According to the World Gold Council (WGC), global central banks added a net 41 tonnes of gold to their official reserves in May 2026. It was the second-highest monthly gold purchase of the year, highlighting continued sovereign demand for bullion.
2. Which countries were the biggest gold buyers in May 2026?
Poland was the largest buyer with 18 tonnes, followed by China (10 tonnes), Uzbekistan (9 tonnes), Kazakhstan (7 tonnes), and Singapore (4 tonnes). These purchases reflect ongoing efforts to strengthen national reserve portfolios.
3. Why are central banks continuing to increase their gold reserves?
Central banks are buying more gold to diversify foreign exchange reserves, hedge against inflation, reduce reliance on major currencies, and improve financial stability amid geopolitical tensions and global economic uncertainty.

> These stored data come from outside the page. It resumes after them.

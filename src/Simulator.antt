-- ===== src/Simulator.antt =====
-- crates/mirror-pool-simulator: the synthetic evaluation of privacy and synchronization.
pub mod Defs
pub mod Counting
pub mod Metrics
pub mod Groups
pub mod Observations
pub mod Evaluation
pub mod Reports
pub mod Fingerprints
pub mod Ablation
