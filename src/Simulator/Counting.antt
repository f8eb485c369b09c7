-- ===== src/Simulator/Counting.antt =====
-- What `metrics` of crates/mirror-pool-simulator/src/lib.rs counts: slots, groups and links.
use mirror_pool.Prelude.{
  ℕ, suc, ◌+◌, ◌-◌, Bool, true, false, List, [], ◌∷◌, Bytes, bytes_eq, bytes_lt, ltb, ◌==◌,
  if◌then◌else◌, u32_mod,
}
use mirror_pool.Simulator.Defs.{Observation, min, max}

abbrev pub abs_diff : ℕ → ℕ → ℕ
abs_diff a b = if ltb a b then b - a else a - b

-- `sort_unstable` of numbers.
abbrev pub insert_slot : ℕ → List ℕ → List ℕ
insert_slot n [] = n ∷ []
insert_slot n (m ∷ ms) = let rest = insert_slot n ms in if ltb m n then m ∷ rest else n ∷ m ∷ ms

unfoldable pub sort_slots : List ℕ → List ℕ
sort_slots [] = []
sort_slots (n ∷ ns) = insert_slot n (sort_slots ns)

-- `iter().max()` and `iter().min()`, with `unwrap_or`.
unfoldable pub max_or : ℕ → List ℕ → ℕ
max_or d [] = d
max_or d (n ∷ []) = n
max_or d (n ∷ m ∷ ms) = max n (max_or d (m ∷ ms))

unfoldable pub min_or : ℕ → List ℕ → ℕ
min_or d [] = d
min_or d (n ∷ []) = n
min_or d (n ∷ m ∷ ms) = min n (min_or d (m ∷ ms))

-- `*groups.entry(key).or_default() += 1` on a BTreeMap, which is the list of its entries in the order
-- of their keys.
unfoldable pub count_one : Bytes → List (Bytes × ℕ) → List (Bytes × ℕ)
count_one key [] = (key, 1) ∷ []
count_one key ((k, n) ∷ rest) =
    let later = count_one key rest in
    if bytes_lt key k
    then (key, 1) ∷ (k, n) ∷ rest
    else if bytes_eq key k
    then (k, n + 1) ∷ rest
    else (k, n) ∷ later

-- The values of the map.
abbrev pub values : List (Bytes × ℕ) → List ℕ
values [] = []
values ((k, n) ∷ rest) = n ∷ values rest

-- `values().filter(|&&n| n == 1).count()`
unfoldable pub ones : List ℕ → ℕ
ones [] = 0
ones (n ∷ ns) = if n == 1 then suc (ones ns) else ones ns

-- `u32::try_from(len).unwrap_or(u32::MAX)`
abbrev pub saturating_u32 : ℕ → ℕ
saturating_u32 n = if ltb n u32_mod then n else u32_mod - 1

module _ {F : Type 0} where
  -- `obs.iter().filter(|o| o.executed)`
  unfoldable pub only_executed : List (Observation F) → List (Observation F)
  only_executed [] = []
  only_executed (o ∷ os) = if o.executed then o ∷ only_executed os else only_executed os

  abbrev pub slots : List (Observation F) → List ℕ
  slots [] = []
  slots (o ∷ os) = o.slot ∷ slots os

  abbrev pub deviations : ℕ → List (Observation F) → List ℕ
  deviations target [] = []
  deviations target (o ∷ os) = abs_diff o.slot target ∷ deviations target os

  unfoldable pub group : List (Bytes × ℕ) → List (Observation F) → List (Bytes × ℕ)
  unfolding count_one
  group groups [] = groups
  group groups (o ∷ os) = group (count_one o.fingerprint groups) os

  unfoldable pub spread_of : ℕ → List (Observation F) → ℕ
  unfolding max_or min_or
  spread_of target executed = max_or target (slots executed) - min_or target (slots executed)

  unfoldable pub linked : Bool → List (Observation F) → List (Observation F)
  linked b [] = []
  linked true (o ∷ os) = if o.true_link then o ∷ linked true os else linked true os
  linked false (o ∷ os) = if o.true_link then linked false os else o ∷ linked false os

4. Which central banks reduced their gold holdings in May 2026?
While most countries increased their reserves, Russia sold 6 tonnes of gold and Turkey sold 3 tonnes during May 2026. These sales were exceptions to the broader global trend of rising sovereign gold accumulation.
5. What does the World Gold Council’s latest survey reveal about future gold demand from central banks?
The WGC’s 2026 Central Bank Gold Reserves Survey found that 89% of central banks expect global official gold reserves to increase over the next 12 months, while a record 45% plan to expand their own gold holdings, indicating strong long-term confidence in gold as a reserve asset.